Через минуту он выглянул и, обратившись к седому человеку, произнёс:
– Борис Владимирович, вас! – затем он вновь скрылся за дверью.
При этом возгласе старик, сидевший в углу, отложил свои бумаги и, грузно поднявшись из-за стола, так же грузно шагнул к двери, бросив при этом недовольный взгляд на Бориса и догадавшись, что его потревожили из-за этого паренька, он скрылся за дверью.
Прошло, наверно, минут 10, пока из двери вышел маленький человечек и, усмехнувшись, обернулся к Боре:
– Зайдите к Семёну Ивановичу!
Когда Борис закрывал за собой дверь в кабинет заведующего, он услышал, как человечек сказал бухгалтеру:
– Из Владивостока десятника прислали, точно этого добра здесь на месте набрать нельзя!
Зайдя в кабинет и обернувшись, Борис увидел, что за столом сидел высокий, худощавый, седой человек с пышной серебряно-белой шевелюрой, светло-голубыми глазами и бритым актёрским лицом. Рядом стоял старик, ранее виденный им в большой комнате.
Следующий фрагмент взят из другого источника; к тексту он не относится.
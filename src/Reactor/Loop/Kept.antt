-- ===== src/Reactor/Loop/Kept.antt =====
-- What the handlers called by EpollReactor keep: they free no stub, whatever calls they make.
use vpn_service_android.Common.{
  ℕ, ◌≡◌, refl, sym, subst, List, [], ◌∷◌, ◌++◌, map, Option, none, some, Bool, true, false, ◌==◌,
  if◌then◌else◌, All, arith,
}
use vpn_service_android.Reactor.{
  Listener, command, client, Stub, Kind, readable, writable, exception, check, Callback, Reactor,
}
use vpn_service_android.Reactor.Table.{find}
use vpn_service_android.Reactor.Table.Laws.{IsOrdered, find-Above}
use vpn_service_android.Reactor.Calls.{Call}
use vpn_service_android.Reactor.Calls.Kept.{Keeps, refl-Keeps, trans-Keeps, calls-Keeps, is_live}
use vpn_service_android.Reactor.Calls.Invariant.{IsReactor, fd_of}
use vpn_service_android.Reactor.Loop.{
  Ready, read_command, own_event, answer, invoke, call_listener, call_stub, touched, call_if,
  dispatch_known, dispatch_listened, dispatch_stub, dispatch_one, dispatch_event, check_each,
  addresses, dispatch_check,
}

pub other-Keeps :
    (r : Reactor) (w : Bool) (pipe : List ℕ) (log : List Callback)
    → IsReactor r
    → Keeps r (record r { working = w; pipe = pipe; log = log })
other-Keeps r w pipe log v = record {
  valid = record {
    ordered = v.ordered;
    tabled = v.tabled;
    waits = v.waits;
    recent = v.recent;
    owned = v.owned;
  };
  fault = refl;
  has_epoll = refl;
  live = λ a h. h;
  deleted = λ a h. h;
}

read_command-Keeps : (xs : List ℕ) (r : Reactor) → IsReactor r → Keeps r (read_command xs r)
unfolding read_command
read_command-Keeps [] r v = refl-Keeps r v
read_command-Keeps (c ∷ rest) r v = other-Keeps r (if c == 1 then false else r.working) rest r.log v

pub live_cases : (o : Option Stub) → is_live o ≡ true → (s : Stub) × (o ≡ some s)
live_cases none h = absurd (cc)
live_cases (some s) h = (s, refl)

-- Every stub reported is allocated.
abbrev pub AllLive : Reactor → List ℕ → Type 0
AllLive r xs = All (λ a. is_live (r.heap a) ≡ true) xs

abbrev pub stubs : List Ready → List ℕ
stubs es = map (λ e. e.stub) es

module _ (handlers : List Callback → List Call) where
  own_event-Keeps : (k : Kind) (r : Reactor) → IsReactor r → Keeps r (own_event handlers k r)
  unfolding own_event
  own_event-Keeps readable r v = read_command-Keeps r.pipe r v
  own_event-Keeps writable r v = refl-Keeps r v
  own_event-Keeps exception r v = refl-Keeps r v
  own_event-Keeps check r v = refl-Keeps r v

  answer-Keeps :
      (k : Kind) (l : Listener) (r : Reactor) → IsReactor r → Keeps r (answer handlers k l r)
  unfolding answer
  answer-Keeps k command r v = own_event-Keeps k r v
  answer-Keeps k (client n) r v = calls-Keeps (handlers r.log) r v

  call_listener-Keeps :
      (l : Option Listener) (s : Stub) (k : Kind) (r : Reactor)
      → IsReactor r
      → Keeps r (call_listener handlers l s k r)
  unfolding call_listener invoke
  call_listener-Keeps none s k r v = refl-Keeps r v
  call_listener-Keeps (some l) s k r v =
      let called = r.log ++ record { kind = k; fd = s.fd; to = l; tag = s.tag } ∷ [] in
      let logged = other-Keeps r r.working r.pipe called v in
      trans-Keeps r (record r { log = called }) _ logged
        (answer-Keeps k l (record r { log = called }) logged.valid)

  pub call_if-Keeps :
      (b : Bool) (k : Kind) (a : ℕ) (r : Reactor)
      → IsReactor r
      → is_live (r.heap a) ≡ true
      → Keeps r (call_if handlers b k a r)
  unfolding call_if call_stub touched
  call_if-Keeps b k a r v h = let (s, e) = live_cases (r.heap a) h in by_test b s e
    where
      by_test : (b : Bool) (s : Stub) → r.heap a ≡ some s → Keeps r (call_if handlers b k a r)
      by_test true s e =
          subst (λ o. Keeps r (call_stub handlers o k r)) (sym e)
            (call_listener-Keeps s.listener s k r v)
      by_test false s e = subst (λ o. Keeps r (touched handlers o r)) (sym e) (refl-Keeps r v)

  dispatch_known-Keeps :
      (e : Ready) (r : Reactor)
      → IsReactor r
      → is_live (r.heap e.stub) ≡ true
      → Keeps r (dispatch_known handlers e r)
  unfolding dispatch_known
  dispatch_known-Keeps e r v h =
      let q = call_if handlers e.can_read readable e.stub r in
      let p = call_if handlers e.can_write writable e.stub q in
      let one = call_if-Keeps e.can_read readable e.stub r v h in
      let two = call_if-Keeps e.can_write writable e.stub q one.valid (one.live e.stub h) in
      let both = trans-Keeps r q p one two in
      trans-Keeps r p _ both
        (call_if-Keeps e.broken exception e.stub p both.valid (both.live e.stub h))

  pub dispatch_one-Keeps :
      (e : Ready) (r : Reactor)
      → IsReactor r
      → is_live (r.heap e.stub) ≡ true
      → Keeps r (dispatch_one handlers e r)
  unfolding dispatch_one dispatch_stub dispatch_listened
  dispatch_one-Keeps e r v h =
      let (s, found) = live_cases (r.heap e.stub) h in
      subst (λ o. Keeps r (dispatch_stub handlers o e r)) (sym found) (by_listener s.listener)
    where
      by_listener : (l : Option Listener) → Keeps r (dispatch_listened handlers l e r)
      by_listener none = refl-Keeps r v
      by_listener (some l) = dispatch_known-Keeps e r v h

  pub live_later : (r q : Reactor) (xs : List ℕ) → Keeps r q → AllLive r xs → AllLive q xs
  live_later r q [] k h = tt
  live_later r q (a ∷ xs) k h = (k.live a h.0, live_later r q xs k h.1)

  pub dispatch_event-Keeps :
      (es : List Ready) (r : Reactor)
      → IsReactor r
      → AllLive r (stubs es)
      → Keeps r (dispatch_event handlers es r)
  unfolding dispatch_event
  dispatch_event-Keeps [] r v h = refl-Keeps r v
  dispatch_event-Keeps (e ∷ es) r v h =
      let q = dispatch_one handlers e r in
      let one = dispatch_one-Keeps e r v h.0 in
      trans-Keeps r q _ one
        (dispatch_event-Keeps es q one.valid (live_later r q (stubs es) one h.1))

  check_each-Keeps :
      (xs : List ℕ) (r : Reactor) → IsReactor r → AllLive r xs → Keeps r (check_each handlers xs r)
  unfolding check_each
  check_each-Keeps [] r v h = refl-Keeps r v
  check_each-Keeps (a ∷ xs) r v h =
      let q = call_if handlers true check a r in
      let one = call_if-Keeps true check a r v h.0 in
      trans-Keeps r q _ one (check_each-Keeps xs q one.valid (live_later r q xs one h.1))

  tabled_live :
      (r : Reactor) (t : List (ℕ × ℕ))
      → IsOrdered t
      → ((fd a : ℕ) → find fd t ≡ some a → is_live (r.heap a) ≡ true)
      → AllLive r (addresses t)
  unfolding find
  tabled_live r [] o f = tt
  tabled_live r ((k, a) ∷ t) o f =
      (f k a (ground arith), tabled_live r t o.1 (λ fd b e. f fd b (in_tail fd b e)))
    where
      in_tail : (fd b : ℕ) → find fd t ≡ some b → find fd ((k, a) ∷ t) ≡ some b
      in_tail fd b e = ground (arith, find-Above k t o.0)

  pub table_live : (r : Reactor) → IsReactor r → AllLive r (addresses r.table)
  table_live r v =
      tabled_live r r.table v.ordered (λ fd a e. fd_live (r.heap a) fd (v.tabled fd a e).0)
    where
      fd_live : (o : Option Stub) (fd : ℕ) → fd_of o ≡ some fd → is_live o ≡ true
      fd_live o fd e = ground arith

  pub dispatch_check-Keeps : (r : Reactor) → IsReactor r → Keeps r (dispatch_check handlers r)
  unfolding dispatch_check
  dispatch_check-Keeps r v = check_each-Keeps (addresses r.table) r v (table_live r v)
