-- ===== src/Reactor/Loop/Safety.antt =====
-- The loop of EpollReactor uses no freed stub: what its handlers remove is freed only behind a round.
use vpn_service_android.Common.{
  ℕ, ◌+◌, ◌≡◌, refl, ◌∙◌, List, [], ◌∷◌, some, Bool, true, false, ltb, if_both, All, arith,
  Bool-cases,
}
use vpn_service_android.Reactor.{Events, command, Stub, Callback, Reactor}
use vpn_service_android.Reactor.Table.{find}
use vpn_service_android.Reactor.Table.Laws.{has, free_all_lem}
use vpn_service_android.Reactor.Calls.{Call, add, call}
use vpn_service_android.Reactor.Calls.Kept.{Keeps, trans-Keeps, call-Keeps}
use vpn_service_android.Reactor.Calls.Invariant.{IsReactor}
use vpn_service_android.Reactor.Loop.{
  Ready, check_period, dispatch_event, dispatch_check, clean_deleted_events, no_stubs,
  create_reactor, round, Wait, interrupted, bad, reported, loop,
}
use vpn_service_android.Reactor.Loop.Kept.{
  AllLive, stubs, dispatch_event-Keeps, dispatch_check-Keeps,
}

-- A state between two rounds: in order, with no stub waiting and no stub used that was freed.
pub record IsResting (r : Reactor) : Type 0 where
  pub valid : IsReactor r
  pub sound : r.fault ≡ false
  pub nothing_waits : r.deleted ≡ []

-- What epoll promises: the pointers it reports are those of descriptors that are registered.
abbrev pub IsRegistered : Reactor → List ℕ → Type 0
IsRegistered r xs = All (λ a. (fd : ℕ) × (find fd r.table ≡ some a)) xs

module _ (handlers : List Callback → List Call) where
  pub clean_IsReactor : (r : Reactor) → IsReactor r → IsReactor (clean_deleted_events handlers r)
  unfolding clean_deleted_events
  clean_IsReactor r v = record {
    ordered = v.ordered;
    tabled = λ fd a e. ground (arith, v.tabled fd a e, free_all_lem r.deleted r.heap a);
    waits = λ a e. absurd (ground arith);
    recent = λ a h. ground (arith, v.recent a h, free_all_lem r.deleted r.heap a);
    owned = λ a s e.
        ground (arith, v.owned a s, free_all_lem r.deleted r.heap a, Bool-cases (has a r.deleted));
  }

  clean-IsResting :
      (r q : Reactor) → Keeps r q → r.fault ≡ false → IsResting (clean_deleted_events handlers q)
  unfolding clean_deleted_events
  clean-IsResting r q k f = record {
    valid = clean_IsReactor q k.valid;
    sound = k.fault ∙ f;
    nothing_waits = refl;
  }

  pub round-IsResting :
      (es : List Ready) (now last : ℕ) (r : Reactor)
      → IsResting r
      → AllLive r (stubs es)
      → IsResting (round handlers es now last r).1
  unfolding round
  round-IsResting es now last r v h =
      let dispatched = dispatch_event handlers es r in
      let one = dispatch_event-Keeps handlers es r v.valid h in
      let checked = dispatch_check handlers dispatched in
      let two =
        trans-Keeps r dispatched checked one (dispatch_check-Keeps handlers dispatched one.valid) in
      if_both (λ (p : ℕ × Reactor). IsResting p.1) (ltb (last + check_period) now)
        (clean-IsResting r checked two v.sound) (clean-IsResting r dispatched one v.sound)

  -- The promise at each wait of the loop.
  abbrev pub Reports : List Wait → ℕ → Reactor → Type 0
  Reports [] last r = Unit
  Reports (interrupted ∷ ws) last r = Reports ws last r
  Reports (bad ∷ ws) last r = Unit
  Reports (reported es now ∷ ws) last r =
      IsRegistered r (stubs es)
      × Reports ws (round handlers es now last r).0 (round handlers es now last r).1

  pub registered_live : (r : Reactor) (xs : List ℕ) → IsReactor r → IsRegistered r xs → AllLive r xs
  registered_live r [] v h = tt
  registered_live r (a ∷ xs) v h =
      (ground (arith, v.tabled h.0.0 a h.0.1), registered_live r xs v h.1)

  pub loop-IsResting :
      (ws : List Wait) (last : ℕ) (r : Reactor)
      → IsResting r
      → Reports ws last r
      → IsResting (loop handlers ws last r).1
  unfolding loop
  loop-IsResting [] last r v h = v
  loop-IsResting (interrupted ∷ ws) last r v h =
      if_both (λ (p : Bool × Reactor). IsResting p.1) r.working (loop-IsResting ws last r v h) v
  loop-IsResting (bad ∷ ws) last r v h = v
  loop-IsResting (reported es now ∷ ws) last r v h =
      let live = registered_live r (stubs es) v.valid h.0 in
      let after = round handlers es now last r in
      if_both (λ (p : Bool × Reactor). IsResting p.1) r.working
        (loop-IsResting ws after.0 after.1 (round-IsResting es now last r v live) h.1) v

  -- The loop, started between two rounds and told by epoll only of registered descriptors, never uses a
  -- freed stub, whatever calls the handlers make, and leaves every stub that is allocated in the table,
  -- under its own descriptor: none leaks.
  pub loop_safe :
      (ws : List Wait) (last : ℕ) (r : Reactor)
      → IsResting r
      → Reports ws last r
      → let q = (loop handlers ws last r).1 in
        (q.fault ≡ false) × ((a : ℕ) (s : Stub) → q.heap a ≡ some s → find s.fd q.table ≡ some a)
  loop_safe ws last r v h = (rests.sound, in_table)
    where
      rests : IsResting (loop handlers ws last r).1
      rests = loop-IsResting ws last r v h

      in_table :
          (a : ℕ) (s : Stub)
          → (loop handlers ws last r).1.heap a ≡ some s
          → find s.fd (loop handlers ws last r).1.table ≡ some a
      in_table a s e = ground (arith, rests.valid.owned a s e, rests.nothing_waits)

no_stubs-IsReactor : IsReactor no_stubs
unfolding find
no_stubs-IsReactor = record {
  ordered = tt;
  tabled = λ fd a e. absurd cc;
  waits = λ a e. absurd cc;
  recent = λ a h. refl;
  owned = λ a s e. absurd cc;
}

pub create_reactor-IsResting : (fd : ℕ) → IsResting (create_reactor fd)
unfolding create_reactor call
create_reactor-IsResting fd =
    let reads : Events = record { read = true; write = false; error = false } in
    record { valid = add_event-IsReactor fd reads; sound = refl; nothing_waits = refl }
  where
    add_event-IsReactor :
        (fd : ℕ) (events : Events)
        → IsReactor (call (add (some fd) events (some command) 0 true) no_stubs).1
    add_event-IsReactor fd events =
        (call-Keeps (add (some fd) events (some command) 0 true) no_stubs no_stubs-IsReactor).valid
Сидевший за столом заведующий шкотовской лесозаготовительной конторой Дальлеса Шепелев, критически осматривая подходившего к столу паренька, спросил:
– Простите, молодой человек, вы что, хороший знакомый Ивана Ивановича Дронова?
– Нет, – смущённо ответил Борис
– Странно, почему же он пишет, что хорошо вас знает и рекомендует вас на должность десятника? Вы давно уже десятником работаете?
– Нет, – повторил Боря и продолжал, – я ещё совсем десятником не работал, я только курсы десятников окончил… Вот моё свидетельство, – и он протянул Шепелеву документ.